I have had a Hoyt vicxen on order for 3 weeks now. Can't wait for it to come in. Yesterday was opening day for gun season here and I took my first deer this year, a doe, with my rifle. Needed meat for the freezer. Missed one with my bow a couple of weeks ago. Once I get my new bow set up and ready to go, I hope I will be able to finish out the rest of the season with my bow.


----------



## axisbuck24 (Jan 20, 2009)

SLG2 said:


> We aren't making official release of 2010 bows until the ATA show....but, you will be able to do a side by side comparison of both bows!

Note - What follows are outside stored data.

-- ===== src/Lib.antt =====
-- A verification library for durastream: append-only, durable record streams in files, with a
-- SQLite table of metadata.
--
-- The program's parts, and the files that model them (paths from the repository's root):
--   src/durastream/codec.py: Codec (pack_frame, iter_frames; the struct format ">II" as pack_u32,
--   header_pack and header_unpack) and Token (to_token, from_token).
--   src/durastream/errors.py: Errors. An exception is a value of Error; a call that may raise
--   returns a Result.
--   src/durastream/utils.py: Names (check_name as a full match of its character class; the path
--   of a log, of store.py, with os.path.join).
--   src/durastream/stream.py: Scan (_scan), Disk (_write_all and the system calls under it) and
--   Stream (the class DurableStream): Stream/Defs has the object, the machine that a method runs
--   on and _recover; Stream/Write has append, append_many, close and the listeners; Stream/Read
--   has read and the rounds of subscribe; Stream/History has the life of a log as steps, with
--   ends of processes and crashes of the machine, and Stream/Follow the generator subscribe among
--   the other methods, cut at its reads, tests and waits.
--   src/durastream/store.py: Meta (the table of streams, and the statements that the program
--   executes on it), Dict (the dictionary of open streams, and a directory) and Store: Store.antt
--   has the world that a store runs in (objects, directory entries, inodes with a lock each, open
--   files), Store/Files has _try_lock, _lock_for_removal, _remove_if_exists, _fsync_dir and the
--   choice of a handle's role in DurableStream.__init__, Store/Ops what the methods share, and
--   Store/Methods __init__, create, open (open_existing here), delete, list and close;
--   Store/System has several stores over the same files.
--   src/durastream/aio.py: Sub (_Sub, and one round of the loop of AsyncDurableStream.subscribe
--   as turn; Sub/InOrder has the steps of the generator and of the tasks beside it, and
--   Sub/Asleep those of the deliveries that wake it), Hub (_Hub), Wait (AsyncDurableStream.wait),
--   Async (AsyncDurableStream.read, and AsyncStore) and Batch (AsyncBatchWriter).
--   demos/work_queue.py: WorkQueue (run_worker, and the checkpoint that it keeps).
--   demos/fastapi_resume.py: Resume (generate, and the generator sse_stream for one connection,
--   with the bytes that it yields). json.dumps, and whether a record decodes as a text, are
--   parameters.
--   demos/restart_stream.py: Restart (main, over the log of its stream, and append_range of
--   demos/utils.py).
--   demos/ledger.py: Ledger (event, apply, and the loops of main). json is a parameter in
--   WorkQueue and in Ledger, with the law in the ledger that what is dumped is loaded again.
--
-- How they interact. A stream packs the payloads of a batch into frames (Codec), writes them to
-- the end of its log and syncs it (Disk), and only then extends its index and tells its
-- listeners; if a write or a sync fails it cuts the log back, and if that fails too it closes
-- itself. Opening a log scans it for intact frames (Scan), and the owner cuts off what stands
-- behind them. A close is written to the table of streams (Meta) before it shows in memory.
--
-- How the code is modelled:
--   Python's int is without a bound. str and int, of to_token and from_token, refuse more than
--   4300 digits, as the interpreter does by default. The checkpoint of WorkQueue is written and
--   read without that limit: it is a number of records of one log.
--   A method is a function from the machine it runs on (the object, its log file, the table, the
--   answers that the system will give, the process id, the calls of listeners so far) to its
--   result and the machine changed; what was changed before a raise stays changed.
--   The operating system's answers are a list that is given: each call takes one, which lets it
--   succeed, makes a write or a read short, or makes it raise an OSError; past the end of the
--   list calls succeed. So a theorem for every machine is one for every run of the system. A
--   LogFile has the bytes written and, apart from them, the first bytes that are known to survive
--   a crash: a sync makes all durable, a cut keeps the durable bytes that it leaves.
--   zlib.crc32 is not part of the repository: it is the parameter Codec.Zlib, a function from
--   byte strings to numbers below 2 ^ 32. Codec/Crc32 is a checksum that meets it, for tests.
--   Bytes and code points are natural numbers; a file of bytes is said to hold numbers below 256
--   (AreBytes) where a proof needs it. An offset is a signed integer. Texts are lists of code
--   points.
--   The loops of iter_frames and _scan run on fuel, the number of bytes: a round moves on by
--   eight bytes at least. The loop of run_worker runs on the number of records: a round reads one
--   at least. The loop of append_range runs on the number of records that it is asked for: a
--   batch has one at least. The decimal digits of n run on n + 1. The loops of _write_all and
--   read recur on the list of answers.
--   The lock of a stream is held for a whole method, so a method is one step; waking threads that
--   wait changes no state. The store's lock is held likewise.
--   The coroutines of aio.py are cut at their awaits and yields into steps, and the steps of all
--   tasks may come in any order. A read of the disk returns the durable records of that moment.
--   In Sub/InOrder a sleeping generator may go on at any time; in Sub/Asleep it does once its
--   event is set, and the deliveries that are under way are kept, from the notification on. In
--   Wait a step is one read or write of what the coroutine shares with other threads. In Batch a
--   caller that is cancelled once waits for its append all the same; one that is cancelled again,
--   or whose append's own task is cancelled, gives its batch up: the lock is let go, the batch
--   does not come back, and a thread may still append it.
--   In Stream/History and Stream/Follow a step is a method of one object, or what happens to its
--   log and its file. In Resume the generator's steps end at its reads, tests and yields, and the
--   client may leave at any of them; the wait may end at any time.
--   In Store/System a step is one call of one store, or of a method of one of its streams; the
--   stores have their own dictionary, connection and process, and share objects, files and locks.
--   In a store, objects, inodes and open files are numbers. Closing a file lets its lock go; an
--   object that __init__ fails to build is dropped, and its file is closed. The world says
--   whether fcntl exists, whether the file system has flock, and whether it is read-only.
--
-- The proofs are in the modules below each part: Codec/Decode (what bytes decode to),
-- Codec/Frames and Codec/Sound (both ways of the round trip), Token/Scanned, RoundTrip and Order,
-- Disk/Laws, Stream/Holds (the invariant: the index and the log of a stream that holds given
-- records), Stream/Commit, Append, Fetch, Range, Recover, Crash, Outcome, Told, Close and Tail;
-- Sub/View (the buffer is a part of the stream) and Sub/InOrder; Batch/Kept; Sub/Wake and
-- Sub/Asleep; Hub/Listens and Hub/OneListener; Wait/Woken and Wait/Missed; Async/Reading and
-- Async/Hubs; Store/Registry, Store/Keeps, Store/Removal, Store/Unlinked (a name that has gone
-- stays gone until it is assigned) and Store/Fresh (Store/Fresh/Empty: a file without an entry is
-- opened empty); Stream/Firm (every method keeps a durable beginning of the log),
-- Stream/History/Safe and Acked, Stream/Follow/Drained (with Stream/Shut: a closed stream takes
-- no append, and stays closed); WorkQueue/Seen, Checkpoint, Drain and AtLeastOnce; Ledger/Balance
-- and Audit; Resume/Sending (what the yielded bytes are), Going, InOrder and Generated;
-- Restart/Records, Opened and Survive; Stream/Whole and Calm; Stream/Silent; Stream/Role and
-- Store/Locks (the invariant of objects, files and locks, and that the methods keep it), with
-- Store/System/OneWriter and Refused.
--
-- Not modelled: a process that forks with streams open; two threads inside one store, whose lock
-- lets in one at a time; the methods of aio.py that only hand a call to a thread, which are that
-- call; the page of the chat (demos/resume.html) and the EventSource of the browser, so what a
-- client makes of the bytes that it gets; the other demos and the main programs, the benchmark
-- and the tests of the repository.
pub mod Async
pub mod Common
pub mod Errors
pub mod Sub
pub mod Hub
pub mod Wait
pub mod Batch
pub mod Dict
pub mod Store
pub mod Texts
pub mod Names
pub mod Resume
pub mod Restart
pub mod Token
pub mod Codec
pub mod Scan
pub mod Exec
pub mod Disk
pub mod Meta
pub mod Stream
pub mod Examples
pub mod WorkQueue
pub mod Ledger
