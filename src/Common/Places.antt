-- ===== src/Common/Places.antt =====
-- Lists read and written by place.
use Prim.Native.Nat.{ℕ, zero, suc, ◌≤◌, ◌<◌}
use mathlib.Core.Logic.{◌⊎◌, inl, inr}
use mathlib.Core.Path.{◌≡◌, refl, sym, ap, ◌∙◌, subst}
use mathlib.Core.List.{List, [], ◌∷◌, ◌++◌}
use mathlib.Core.Option.{none, some, some-injective}
use native.Mathlib.Omega.{arith}
use native.Mathlib.Decide.{ℕ_discrete}
use durastream.Common.Lists.{length, get_elem?, set}

module _ {ℓ} {A : Type ℓ} where
  pub get_elem-append :
      (xs ys : List A) (i : ℕ) → i < length xs → get_elem? (xs ++ ys) i ≡ get_elem? xs i
  get_elem-append [] ys i lt = absurd (omega arith)
  get_elem-append (x ∷ xs) ys zero lt = refl
  get_elem-append (x ∷ xs) ys (suc i) lt = get_elem-append xs ys i (omega arith)

  pub get_elem-append_last : (xs : List A) (x : A) → get_elem? (xs ++ x ∷ []) (length xs) ≡ some x
  get_elem-append_last [] x = refl
  get_elem-append_last (y ∷ xs) x = get_elem-append_last xs x

  pub get_elem-some : (xs : List A) (i : ℕ) (x : A) → get_elem? xs i ≡ some x → i < length xs
  get_elem-some [] i x e = absurd (cc e)
  get_elem-some (y ∷ xs) zero x e = omega arith
  get_elem-some (y ∷ xs) (suc i) x e = omega (arith, get_elem-some xs i x e)

  pub get_elem-lt : (xs : List A) (i : ℕ) → i < length xs → (x : A) × (get_elem? xs i ≡ some x)
  get_elem-lt [] i lt = absurd (omega arith)
  get_elem-lt (x ∷ xs) zero lt = (x, refl)
  get_elem-lt (x ∷ xs) (suc i) lt = get_elem-lt xs i (omega arith)

  pub get_elem-none : (xs : List A) (i : ℕ) → length xs ≤ i → get_elem? xs i ≡ none
  get_elem-none [] i le = refl
  get_elem-none (y ∷ xs) zero le = absurd (omega arith)
  get_elem-none (y ∷ xs) (suc i) le = get_elem-none xs i (omega arith)

  -- an element of a list that grew by one at its end
  pub get_elem-grown :
      (xs : List A) (y : A) (i : ℕ) (x : A)
      → get_elem? (xs ++ y ∷ []) i ≡ some x
      → (get_elem? xs i ≡ some x) ⊎ ((i ≡ length xs) × (x ≡ y))
  get_elem-grown [] y zero x e = inr (refl, cc e)
  get_elem-grown [] y (suc i) x e = absurd (cc e)
  get_elem-grown (z ∷ xs) y zero x e = inl e
  get_elem-grown (z ∷ xs) y (suc i) x e = elim (get_elem-grown xs y i x e) [
    | inl h ↦ inl h
    | inr h ↦ inr (ap suc h.0, h.1)
  ]

  pub length-set : (xs : List A) (i : ℕ) (v : A) → length (set xs i v) ≡ length xs
  length-set [] i v = refl
  length-set (x ∷ xs) zero v = refl
  length-set (x ∷ xs) (suc i) v = ap suc (length-set xs i v)

  pub get_elem-set :
      (xs : List A) (i : ℕ) (v : A) → i < length xs → get_elem? (set xs i v) i ≡ some v
  get_elem-set [] i v lt = absurd (omega arith)
  get_elem-set (x ∷ xs) zero v lt = refl
  get_elem-set (x ∷ xs) (suc i) v lt = get_elem-set xs i v (omega arith)

  pub get_elem-set_other :
      (xs : List A) (i j : ℕ) (v : A) → ¬ (j ≡ i) → get_elem? (set xs i v) j ≡ get_elem? xs j
  get_elem-set_other [] i j v ne = refl
  get_elem-set_other (x ∷ xs) zero zero v ne = absurd (ne refl)
  get_elem-set_other (x ∷ xs) zero (suc j) v ne = refl
  get_elem-set_other (x ∷ xs) (suc i) zero v ne = refl
  get_elem-set_other (x ∷ xs) (suc i) (suc j) v ne =
      get_elem-set_other xs i j v (λ e. ne (ap suc e))

  -- an element of a list that was written to
  pub get_elem-set_cases :
      (xs : List A) (i : ℕ) (v : A) (j : ℕ) (x : A)
      → get_elem? (set xs i v) j ≡ some x
      → ((j ≡ i) × (x ≡ v)) ⊎ ((¬ (j ≡ i)) × (get_elem? xs j ≡ some x))
  get_elem-set_cases xs i v j x e = elim (ℕ_discrete j i) [
    | yes eq ↦ inl (
      eq,
      some-injective x v (
          sym e
          ∙ ap (get_elem? (set xs i v)) eq
          ∙ get_elem-set xs i v (
              subst (λ n. n < length xs) eq
                (subst (λ n. j < n) (length-set xs i v) (get_elem-some (set xs i v) j x e)))),
    )
    | no ne ↦ inr (ne, sym (get_elem-set_other xs i j v ne) ∙ e)
  ]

I might get the opportunity to be at the show, if so I hope to meet you.


----------



## AlaskanGirl (Nov 19, 2009)

Hey everyone thanks for all the info, it's very helpful. Now it just a matter of deciding which one i think I might like. It's a hard choice for me without being able to try them out first. Keep the info coming. Thanks!:smile:


----------



## SLG2 (Feb 16, 2008)

axisbuck24 said:


> I might get the opportunity to be at the show, if so I hope to meet you.


 I hope so too,...our lineup this year is amazing!


----------



## deerslayer451 (Sep 11, 2009)

jessie29 said:


> just got a brand new vixcen today. i would have to agree the draw is very smooth. haven't really got to to put it to the test yet but am pretty excited to get the chance. really wanted a hot pink passion but my husband brought a vicxen home from the shop for me to shoot and i took to it pretty quick. still like the hot pink passion so still might have to have both. i know that sounds greedy but oh well i can do greedy for one time in my life.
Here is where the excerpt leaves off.